Association of body mass index and pulmonary function tests in cystic fibrosis patients

Few studies have utilized data on adults with cystic fibrosis (CF) to investigate nutritional status with pulmonary function. The purpose of this study was to examine whether BMI is associated with pulmonary function in 71 CF patients adjusting for effects of pseudomonas aeruginosa, pancreatic insufficiency, and CF‐related diabetes. Data was collected via chart audit from patients aged 18+y via who had at least 2 visits over a 4‐y period (2002–2005).
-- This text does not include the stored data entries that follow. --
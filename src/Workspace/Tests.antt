-- ===== src/Workspace/Tests.antt =====
-- The theorems on workspaces at a small model of ZFS.
use flowz.Prelude.{
  ℕ, Str, lit, ◌==◌, ==_refl, starts_with, contains_char, Bool, true, false, ◌&&◌, eqb,
  if◌then◌else◌, List, [], ◌∷◌, ◌++◌, Option, none, some, inl, All, ◌≡◌, refl, or-eq-false,
}
use flowz.Server.Urls.{split_once}
use flowz.Workspace.Machine.{Machine, Output, removed, zfs}
use flowz.Workspace.Prepare.{CacheClone, clean_zfs}
use flowz.Workspace.Finish.{commit_cache, finish}
use flowz.Workspace.Datasets.{Ensures, touches, View, Promoted, Renamed, Within, Zfs}
use flowz.Workspace.Caches.{Fails, Commits, cache_of, commit_cache-Commits}
use flowz.Workspace.Discarded.{finish-discards}

record Pool : Type 0 where
  content : Str → Option Str → Option ℕ
  origin : Str → Option (Str × Str)

abbrev is_snapshot : Option Str → Str → Bool
is_snapshot none y = false
is_snapshot (some x) y = x == y

abbrev renamed : List Str → Pool → Pool
renamed (a ∷ b ∷ []) s = record s {
  content = λ e x. if e == b then s.content a x else if e == a then none else s.content e x;
}
renamed _ s = s

abbrev taken_over : Str → Option (Str × Str) → Pool → Pool
taken_over d none s = s
taken_over d (some (b, y)) s = record s {
  content = λ e x.
      if is_snapshot x y && e == d
      then s.content b x
      else if is_snapshot x y && e == b
      then none
      else s.content e x;
}

abbrev promoted : List Str → Pool → Pool
promoted (d ∷ []) s = taken_over d (s.origin d) s
promoted _ s = s

abbrev write_snapshot : Option ℕ → Option (Str × Str) → Pool → Pool
write_snapshot v none s = s
write_snapshot v (some (d, y)) s = record s {
  content = λ e x. if is_snapshot x y && e == d then v else s.content e x;
}

abbrev live_of : Option (Str × Str) → Pool → Option ℕ
live_of none s = none
live_of (some (d, y)) s = s.content d none

abbrev destroyed : List Str → Pool → Pool
destroyed (flag ∷ d ∷ []) s = record s {
  content = λ e x. if touches d e then none else s.content e x;
}
destroyed (t ∷ []) s = write_snapshot none (split_once t b'@') s
destroyed _ s = s

abbrev snapped : List Str → Pool → Pool
snapped (t ∷ []) s = write_snapshot (live_of (split_once t b'@') s) (split_once t b'@') s
snapped _ s = s

abbrev carried_out : Str → List Str → Pool → Pool
carried_out verb rest s =
    if verb == lit "rename"
    then renamed rest s
    else if verb == lit "promote"
    then promoted rest s
    else if verb == lit "destroy"
    then destroyed rest s
    else if verb == lit "snapshot"
    then snapped rest s
    else s

abbrev output : Str → List Str → Pool → Option Output × Pool
output program (zfs ∷ verb ∷ rest) s =
    (some (record { success = true; stdout = []; stderr = [] }), carried_out verb rest s)
output program _ s = (none, s)

abbrev pools : Machine
pools = record {
  State = Pool;
  output = output;
  status_in = λ dir program args s. (none, s);
  create_dir_all = λ path s. (true, s);
  exists = λ path s. false;
  remove_dir_all_force = λ path s. (removed, s);
}

abbrev view : View pools
view = record { Content = ℕ; content = λ (s : Pool). s.content; origin = λ (s : Pool). s.origin }

split_once-at :
    (d x : Str) → contains_char d b'@' ≡ false → split_once (d ++ b'@' ∷ x) b'@' ≡ some (d, x)
unfolding contains_char
split_once-at [] x h = refl
split_once-at (c ∷ d) x h =
    let (other, free) = or-eq-false (eqb c b'@') (contains_char d b'@') h in
    rw (other, split_once-at d x free) refl

not_touched : (d e : Str) → touches d e ≡ false → (e == d) ≡ false
unfolding touches
not_touched d e h = (or-eq-false (e == d) (starts_with e (d ++ lit "/")) h).0

renamed_lem :
    (a b : Str) (s : Pool) → (a == b) ≡ false → Renamed pools view a b s (renamed (a ∷ b ∷ []) s)
renamed_lem a b s other = (
  λ x. rw (==_refl b) refl,
  λ x. rw (other, ==_refl a) refl,
  λ e x ta tb. rw (not_touched a e ta, not_touched b e tb) refl,
)

taken_over_lem :
    (d b y : Str) (s : Pool)
    → (b == d) ≡ false
    → Promoted pools view d b y s (taken_over d (some (b, y)) s)
taken_over_lem d b y s other =
    (refl, rw (==_refl y, ==_refl d) refl, rw (==_refl y, other, ==_refl b) refl)

destroyed_lem : (flag d : Str) (s : Pool) → Within pools view d s (destroyed (flag ∷ d ∷ []) s)
destroyed_lem flag d s e x apart = rw apart refl

and_false : (b : Bool) → (b && false) ≡ false
and_false true = refl
and_false false = refl

laws : Zfs pools view (lit "doas")
unfolding ◌==◌
laws = record {
  list_lem = λ d s e x. refl;
  inherit_lem = λ d s. (λ e x. refl, refl);
  promote_lem = λ d b x s o other. rw o (taken_over_lem d b x s other);
  rename_lem = renamed_lem;
  destroy_below_lem = λ d s. destroyed_lem (lit "-r") d s;
  destroy_lem = λ d x s no_at. rw (split_once-at d x no_at) (
    rw (==_refl x, ==_refl d) refl,
    refl,
    λ e y other. rw (other, and_false (is_snapshot y x)) refl,
  );
  snapshot_lem = λ d x s no_at. rw (split_once-at d x no_at, ==_refl x, ==_refl d) refl;
}

-- A cache with a snapshot, and its clone of run 1 with other content; the run's own clone and snapshot.
abbrev pool : Pool
pool = record {
  content = λ e x.
      if e == lit "p/c" && is_snapshot x (lit "latest")
      then some 1
      else if e == lit "p/c.run-1"
      then some 2
      else none;
  origin = λ d. some (lit "p/c", lit "latest");
}

no_at : contains_char (lit "p/c") b'@' ≡ false
unfolding contains_char
no_at = refl

commit_cache-Commits_example :
    Ensures
      (Commits pools view (lit "doas") laws (lit "p/c") (lit "1") no_at true pool)
      (Fails pools view (lit "doas") laws (lit "p/c") (lit "1") no_at true pool)
      (commit_cache pools
        (lit "doas")
        (lit "1")
        (cache_of pools view (lit "doas") laws (lit "p/c") (lit "1") no_at true pool true)
        pool)
commit_cache-Commits_example =
    commit_cache-Commits pools view (lit "doas") laws (lit "p/c") (lit "1") no_at true pool true
      refl

abbrev clones : List CacheClone
clones =
    record { base = lit "p/c"; clone = lit "p/c.run-1"; restored = true; in_workspace = true } ∷ []

apart : All (λ (c : CacheClone). touches c.clone (lit "p/c") ≡ false) clones
unfolding touches starts_with ◌==◌
apart = (refl, tt)

no_at_repo : contains_char (lit "p/r") b'@' ≡ false
unfolding contains_char
no_at_repo = refl

apart_run : touches (lit "p/run-1") (lit "p/c") ≡ false
unfolding touches starts_with ◌==◌
apart_run = refl

other_repo : (lit "p/c" == lit "p/r") ≡ false
unfolding ◌==◌
other_repo = refl

finish-discards_example :
    (finish pools
        (record {
          path = lit "/w";
          cleanup =
              clean_zfs (lit "doas") (lit "p/run-1") (lit "p/r" ++ b'@' ∷ lit "run-1") (lit "p");
          caches = clones;
        })
        (lit "1")
        false
        pool).content
      (lit "p/c")
      (some (lit "latest"))
    ≡ pool.content (lit "p/c") (some (lit "latest"))
finish-discards_example =
    finish-discards pools view (lit "doas") laws (lit "p/c") (some (lit "latest")) (lit "/w")
      (lit "p/run-1") (lit "p/r") (lit "run-1") (lit "p") (lit "1") clones pool no_at_repo apart
      apart_run (inl other_repo)
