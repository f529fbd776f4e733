-- ===== src/Jobs/Tests.antt =====
-- Concrete runs of the three job queues, at which their properties are applied.
mod EventTests
mod TaskTests
mod FollowUpTests
mod DispatchTests
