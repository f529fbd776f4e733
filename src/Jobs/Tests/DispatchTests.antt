-- ===== src/Jobs/Tests/DispatchTests.antt =====
-- The event of a finished app, and dispatches of `services/user_events.py` for it.
use dot_backend.Prelude.{
  ◌≡◌, refl, inl, inr, true, none, some, [], ◌∷◌, All, arith, first_by, strip, lstrip, rstrip,
  contains_text, starts_with,
}
use dot_backend.Prelude.Json.{field, text, bool, end, get}
use dot_backend.Groups.Records.{err, ok, Conversation, ConversationKind, ActivityStatus}
use dot_backend.Jobs.FollowUps.Sending.{Channel, outbound}
use dot_backend.Jobs.Queue.{claim}
use dot_backend.Jobs.Events.Retries.{unlocked}
use dot_backend.Jobs.Events.{UserEvent, EventRequest, new_event, start_processing, claim_event}
use dot_backend.Jobs.Events.Turns.{
  Fresh, Message, completed, trusted_url, ensure_app_completion_turn, as_reply,
}
use dot_backend.Jobs.Events.Turns.Links.{shown, ensure_app_completion_turn-again}
use dot_backend.Jobs.Events.Targets.{Store, User, resolve_event_target}
use dot_backend.Jobs.Events.Attempts.{Worker, agent_event_types}
use dot_backend.Jobs.Events.Dispatch.{dispatch_user_event}
use dot_backend.Jobs.Events.Dispatch.Settling.{Settled, dispatch_user_event-settles}
use dot_backend.Jobs.Events.Dispatch.Telling.{dispatch_user_event-tells}
use dot_backend.Jobs.Events.Dispatch.Closing.{IsProcessed, dispatch_user_event-closes}

abbrev request : EventRequest
request = record {
  user_id = 7;
  conversation_id = some 3;
  event_type = "app.build.completed";
  source = "app_builder";
  idempotency_key = "build:1";
  payload = field "app_url" (text "https://dot/a/x") end;
  delivery_provider = some "linq";
}

abbrev event : UserEvent
event = record (new_event request 1 100) { attempts = 4 }

abbrev chat : Conversation
chat = record {
  id = 3;
  user_id = 7;
  kind = ConversationKind.direct;
  title = none;
  avatar_url = none;
  group_owner_source = none;
  status = ActivityStatus.active;
  updated_at = 50;
}

abbrev line : Channel
line = record {
  id = 4;
  conversation_id = 3;
  provider = "linq";
  external_id = "chat-1";
  status = ActivityStatus.active;
  updated_at = 60;
}

abbrev user : User
user = record { id = 7; phone_number = none; messaging_opted_out_at = none }

abbrev store : Store
store = record {
  events = event ∷ [];
  conversations = chat ∷ [];
  members = [];
  channels = line ∷ [];
  users = user ∷ [];
  identifiers = [];
  messages = [];
  next_id = 20;
}

-- The agent's model is down, and so is the delivery.
abbrev worker : Worker
worker = record {
  has_provider = true;
  has_linq_client = true;
  automated_replies = true;
  types = agent_event_types;
  print_id = λ id. "e1";
  run_agent = λ e c channel key p s. (err "model timeout", s);
  deliver = λ to c replies key s. (some "linq timeout", s);
}

abbrev at_work : UserEvent
at_work = start_processing 1000 event

claimed : (claim_event unlocked 5 none 1000 store.events).0 ≡ some at_work
unfolding claim_event claim first_by
claimed = refl

url_there : trusted_url at_work ≡ some "https://dot/a/x"
unfolding trusted_url get strip lstrip rstrip
url_there = refl

resolved :
    resolve_event_target worker.print_id at_work 2000
      (record store { events = (claim_event unlocked 5 none 1000 store.events).1 })
    ≡ ok ((chat, some line), record store { events = at_work ∷ [] })
unfolding resolve_event_target claim_event claim first_by
resolved = refl

dispatch_user_event-settles_example :
    All (Settled 1) (dispatch_user_event worker unlocked 5 none 1000 2000 store).1.events
dispatch_user_event-settles_example =
    dispatch_user_event-settles worker unlocked 5 none 1000 2000 store at_work claimed

dispatch_user_event-tells_example :
    shown "benji:user-event:e1" "https://dot/a/x"
      (dispatch_user_event worker unlocked 5 none 1000 2000 store).1.messages
    ≡ true
dispatch_user_event-tells_example =
    dispatch_user_event-tells worker unlocked 5 none 1000 2000 store at_work "https://dot/a/x"
      ((chat, some line), record store { events = at_work ∷ [] }) claimed refl url_there refl
      (inr refl) resolved (λ c channel key p s. ("model timeout", refl))
      (λ to c replies key s. refl)

dispatch_user_event-closes_example :
    IsProcessed 1 (dispatch_user_event worker unlocked 5 none 1000 2000 store).1
dispatch_user_event-closes_example =
    dispatch_user_event-closes worker unlocked 5 none 1000 2000 store at_work
      ((chat, some line), record store { events = at_work ∷ [] }) (tt, tt) claimed (omega arith)
      (inl (refl, "https://dot/a/x", url_there)) refl resolved
      ((λ e c channel key p s. refl), (λ to c replies key s. refl))

abbrev fresh : Fresh
fresh = record { message = 30; response_group = 31; now = 3000 }

abbrev later : Fresh
later = record { message = 40; response_group = 41; now = 4000 }

abbrev prose : Message
prose = record {
  id = 25;
  conversation_id = 3;
  user_id = 7;
  source_binding_id = some 4;
  source_channel = "event";
  idempotency_key = some "benji:user-event:e1";
  response_group_id = some 26;
  response_ordinal = some 0;
  direction = outbound;
  status = completed;
  content = "your app is up!";
  raw_payload = end;
  created_at = 2500;
}

abbrev link : Message
link = record prose {
  id = 30;
  idempotency_key = some "benji:user-event:e1:trusted-link";
  response_ordinal = some 1;
  content = "https://dot/a/x";
  raw_payload = field "wake_type" (text "app.build.completed") (
      field "trusted_app_url" (text "https://dot/a/x")
        (field "canonical_fallback" (bool true) end));
  created_at = 3000;
}

link_added :
    ensure_app_completion_turn at_work 3 (some 4) "benji:user-event:e1" fresh (prose ∷ [])
    ≡ some (as_reply prose ∷ as_reply link ∷ [], prose ∷ link ∷ [])
unfolding ensure_app_completion_turn trusted_url get strip lstrip rstrip contains_text
link_added = refl

ensure_app_completion_turn-again_example :
    ensure_app_completion_turn at_work 3 none "benji:user-event:e1" later (prose ∷ link ∷ [])
    ≡ some (as_reply prose ∷ as_reply link ∷ [], prose ∷ link ∷ [])
unfolding starts_with
ensure_app_completion_turn-again_example =
    ensure_app_completion_turn-again at_work 3 3 (some 4) none "benji:user-event:e1" fresh later
      (prose ∷ []) (as_reply prose ∷ as_reply link ∷ [], prose ∷ link ∷ []) link_added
Paired t‐tests were used to calculate differences between the first and last visit. Patients (avg age 26.3+7.5) had an average of 3 visits per year and had abnormal lung function at baseline. Patients with pancreatic insufficiency had lowest BMIs (21.3 kg/m2) compared to those without (23.6 kg/m2, p=0.02) In people who were followed for all 4 years (n=30), pulmonary function significantly declined (FVC 3.4 vs 3.1, p=0.01; FEV1 2.3 vs 2.0, p<0.0001; %predicted FVC 75.0 vs 70.0, p=0.07; and % predicted FEV1 60.9 vs 53.5, p=0.002). BMI remained relatively constant (21.8 kg/m2 baseline vs 22.4 kg/m2 last visit, p=NS). Aggressive nutritional interventions may have played a role in BMI maintenance. Further studies are warranted to better determine the relationship between nutrition and lung function.